Estudo para o retrato de um velho
Mas quando me voltei do quadro do pobre camponês os meus olhos não repousaram sobre a famosa cara angustiada de “O Grito” – isso ficaria para mais tarde. Em vez disso vi uma cara ainda mais espantosa, tendo em conta onde me encontrava. Era a cara pura e simples de um adolescente com trissomia XXI, a observar aquelas pinturas com admiração e espanto, tal como nós, num país onde muitas pessoas teriam partido do princípio que ele simplesmente não tinha suficiente “qualidade de vida” para existir.

Diante de mim, a poucos quilómetros da casa onde Anne Frank se escondeu dos seus algozes por ser considerada “geneticamente impura”, estava um jovem cuja alegada “impureza genética” tem levado ao extermínio daqueles que partilham da sua condição.

Todos sabemos que as crianças com trissomia XXI têm aquela cara distintiva. É mais fácil de identificar do que o judaísmo. Quantas das pessoas artisticamente sensíveis que passeavam por aquele museu holandês, agiriam com base no desejo de não ter olhar para aquela cara ou outras como ela? Cerca de 92% das crianças com trissomia XXI são actualmente abortadas. Há quem diga que, ao ritmo actual, a Dinamarca, por exemplo, poderá ver a sua última criança com trissomia XXI até ao ano 2030.

O que é que estes estetas holandeses estariam a pensar quando viam esta simples cara entre eles? O que é que os terá preparado para esta visão numa nação que há muito perdeu a sua ligação a uma cultura que interessa – uma cultura que costumava valorizar de forma especial, na sua maior arte, as vidas dos pobres e desapossados?

"genéticamente impura?"
Mas aquilo que mais me interessava naquele momento era o que estaria a passar pela cabeça do meu amigo, uma vez que ambos vimos o rapaz ao mesmo tempo. É que o meu amigo tem um filho com trissomia XXI e, como qualquer pai, eu sabia que ele seria ainda mais sensível a tudo isto e protectivo desta criança.
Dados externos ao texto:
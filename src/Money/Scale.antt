-- ===== src/Money/Scale.antt =====
-- The scale of a currency and the decimal texts that `parseDecimalToMinor` accepts
-- (src/common/helpers/money.util.ts, `assertScale` and `DECIMAL_RE`). A scale is a natural number
-- here, so that the test on whole numbers and the test `scale < 0` pass.
use telegram_mini_app.Prelude.{
  ℕ, Bool, true, false, not, ◌&&◌, [], ◌∷◌, Option, none, some, any, ltb, ◌==◌, if◌then◌else◌,
}
use telegram_mini_app.Prelude.Text.{Text, nonempty}
use telegram_mini_app.Prelude.Decimal.{is_digit}
use telegram_mini_app.Types.{money_error, invalid_scale, Result, ok, err}

abbrev pub default_money_scale : ℕ
default_money_scale = 2

abbrev pub max_money_scale : ℕ
max_money_scale = 8

abbrev pub assert_scale : ℕ → Result {0} Unit
assert_scale scale = if ltb max_money_scale scale then err (money_error invalid_scale) else ok tt

-- The code units that `String.prototype.trim` removes.
unfoldable pub is_space : ℕ → Bool
is_space c =
    any (λ d. c == d)
      (9 ∷ 10 ∷ 11 ∷ 12 ∷ 13 ∷ 32 ∷ 160 ∷ 5760 ∷ 8192 ∷ 8193 ∷ 8194 ∷ 8195 ∷ 8196 ∷ 8197 ∷ 8198
        ∷ 8199 ∷ 8200 ∷ 8201 ∷ 8202 ∷ 8232 ∷ 8233 ∷ 8239 ∷ 8287 ∷ 12288 ∷ 65279 ∷ [])

abbrev pub trim_start : Text → Text
trim_start [] = []
trim_start (c ∷ s) = if is_space c then trim_start s else c ∷ s

abbrev pub trim_end : Text → Text
trim_end [] = []
trim_end (c ∷ s) =
    let rest = trim_end s in if is_space c && not (nonempty rest) then [] else c ∷ rest

abbrev pub trim : Text → Text
trim s = trim_end (trim_start s)

-- The longest prefix of digits, and what follows it.
abbrev pub take_digits : Text → Text
take_digits [] = []
take_digits (c ∷ s) = if is_digit c then c ∷ take_digits s else []

abbrev pub drop_digits : Text → Text
drop_digits [] = []
drop_digits (c ∷ s) = if is_digit c then drop_digits s else c ∷ s

-- The groups of a match of `/^([+-]?)(\d+)(?:\.(\d+))?$/`.
pub record DecimalMatch : Type 0 where
  pub negative : Bool
  pub whole : Text
  pub fraction : Text

-- `(?:\.(\d+))?$` on what follows the whole part.
abbrev pub match_fraction : Text → Option Text
match_fraction [] = some []
match_fraction (c ∷ s) =
    if (c == b'.') && (nonempty (take_digits s) && not (nonempty (drop_digits s)))
    then some (take_digits s)
    else none

-- `(\d+)` and what follows it.
abbrev pub match_number : Bool → Text → Option DecimalMatch
match_number negative s = elim (match_fraction (drop_digits s)) [
  | none ↦ none
  | some fraction ↦
      if nonempty (take_digits s)
      then some (record { negative = negative; whole = take_digits s; fraction = fraction })
      else none
]

abbrev pub match_decimal : Text → Option DecimalMatch
match_decimal [] = none
match_decimal (c ∷ s) =
    if c == b'-'
    then match_number true s
    else if c == b'+'
    then match_number false s
    else match_number false (c ∷ s)
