-- ===== src/Money/Divide.antt =====
-- Division of money with an explicit rounding mode, and the other arithmetic on amounts
-- (src/common/helpers/money.util.ts, from `divideMinor` on). `MONEY_UNKNOWN_ROUNDING` has no input
-- here, since a mode is one of the five.
use telegram_mini_app.Prelude.{
  ℕ, zero, suc, ◌*◌, ◌/◌, ◌%◌, Bool, true, false, not, ltb, leb, if◌then◌else◌,
}
use telegram_mini_app.Prelude.Integers.{ℤ, pos, negsuc, neg_ℤ, ◌+ℤ◌, ◌-ℤ◌, ◌*ℤ◌, eqb_ℤ}
use telegram_mini_app.Types.{money_error, divide_by_zero, Result, ok, err}

pub data Rounding : Type 0 where
  trunc floor ceil half_up half_even : Rounding

-- The magnitude of an integer, and the integer of a sign and a magnitude.
abbrev pub magnitude : ℤ → ℕ
magnitude (pos n) = n
magnitude (negsuc n) = suc n

abbrev pub with_sign : Bool → ℕ → ℤ
with_sign false m = pos m
with_sign true zero = pos 0
with_sign true (suc m) = negsuc m

-- `a < 0n`.
abbrev pub is_negative : ℤ → Bool
is_negative (pos n) = false
is_negative (negsuc n) = true

-- `a / b` and `a % b` on `bigint`: the quotient is cut towards zero, and the remainder has the sign
-- of the dividend.
abbrev pub quotient_of : ℤ → ℤ → ℤ
quotient_of a b =
    with_sign (if is_negative b then not (is_negative a) else is_negative a)
      (magnitude a / magnitude b)

abbrev pub remainder_of : ℤ → ℤ → ℤ
remainder_of a b = with_sign (is_negative a) (magnitude a % magnitude b)

abbrev pub away_from_zero : Bool → ℤ → ℤ
away_from_zero negative quotient = if negative then quotient -ℤ pos 1 else (quotient +ℤ pos 1)

-- The `switch` on the mode; `twice` is twice the magnitude of the remainder.
abbrev pub round_by : Rounding → Bool → ℤ → ℕ → ℕ → ℤ
round_by trunc negative quotient twice d = quotient
round_by floor negative quotient twice d = if negative then quotient -ℤ pos 1 else quotient
round_by ceil negative quotient twice d = if negative then quotient else (quotient +ℤ pos 1)
round_by half_up negative quotient twice d =
    if leb d twice then away_from_zero negative quotient else quotient
round_by half_even negative quotient twice d =
    if ltb d twice
    then away_from_zero negative quotient
    else if ltb twice d
    then quotient
    else if eqb_ℤ (remainder_of quotient (pos 2)) (pos 0)
    then quotient
    else away_from_zero negative quotient

-- The division of `n` by a positive `d`.
abbrev pub divide_positive : Rounding → ℤ → ℤ → ℤ
divide_positive rounding n d =
    let quotient = quotient_of n d in
    let remainder = remainder_of n d in
    if eqb_ℤ remainder (pos 0)
    then quotient
    else round_by rounding (is_negative n) quotient (magnitude remainder * 2) (magnitude d)

unfoldable pub divide_minor : ℤ → ℤ → Rounding → Result ℤ
divide_minor numerator denominator rounding =
    let flip = is_negative denominator in
    let n = if flip then neg_ℤ numerator else numerator in
    let d = if flip then neg_ℤ denominator else denominator in
    if eqb_ℤ denominator (pos 0)
    then err (money_error divide_by_zero)
    else ok (divide_positive rounding n d)

unfoldable pub mul_div_minor : ℤ → ℤ → ℤ → Rounding → Result ℤ
mul_div_minor value numerator denominator rounding =
    divide_minor (value *ℤ numerator) denominator rounding

-- The basis points are whole by their type.
unfoldable pub apply_bps : ℤ → ℤ → Rounding → Result ℤ
apply_bps minor bps rounding = mul_div_minor minor bps (pos 10000) rounding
Ele teria reparado naqueles olhares desconfortáveis e condenatórios milhares de vezes e sabia que naquele instante só queria gritar.

O Munch descreveu da seguinte forma a inspiração para “O Grito”:
Estava a caminhar na rua com dois amigos – o sol estava a pôr-se – de repente o céu ficou cor de sangue. Parei, sentindo-me exausto, e encostei-me à cerca. Havia sangue e línguas de fogo por cima do fjord azul e preto e da cidade. Os meus amigos continuaram a andar e eu fiquei ali a tremer de ansiedade – e senti um grito infinito a passar pela natureza.

O desenho original e as subsequentes pinturas que Munch produziu com base nele são geralmente interpretados como representações da angústia e da ansiedade do mundo moderno, despido de todas as suas amarras à fé e à tradição.

Houve uma altura em que as pessoas pensavam que podiam substituir a “religião” com a espiritualidade das artes. Pensar-se-ia que o holocausto tinha acabado com essa tolice. Havia grandes obras de arte expostas no Rijksmuseum em Amesterdão, a uns meros 15 minutos a pé de onde a Anne Frank e a sua família estavam escondidos num anexo secreto durante os anos escuros da Segunda Guerra Mundial. E agora damos por nós novamente a defender as vidas dos “geneticamente impuros” contra as selvajarias da elite bárbara que se apresenta como grande guardiã da cultura.

Quem não conhece a história está condenado a repeti-la. E demasiadas vezes até aqueles que conhecem a história recusam-se a deixar que ela sirva de aviso ou de juízo. “Afinal de contas, não somos nazis”, dizem as pessoas, como se não fosse expectável que as nossas aspirações fossem um bocadinho mais altas que isso.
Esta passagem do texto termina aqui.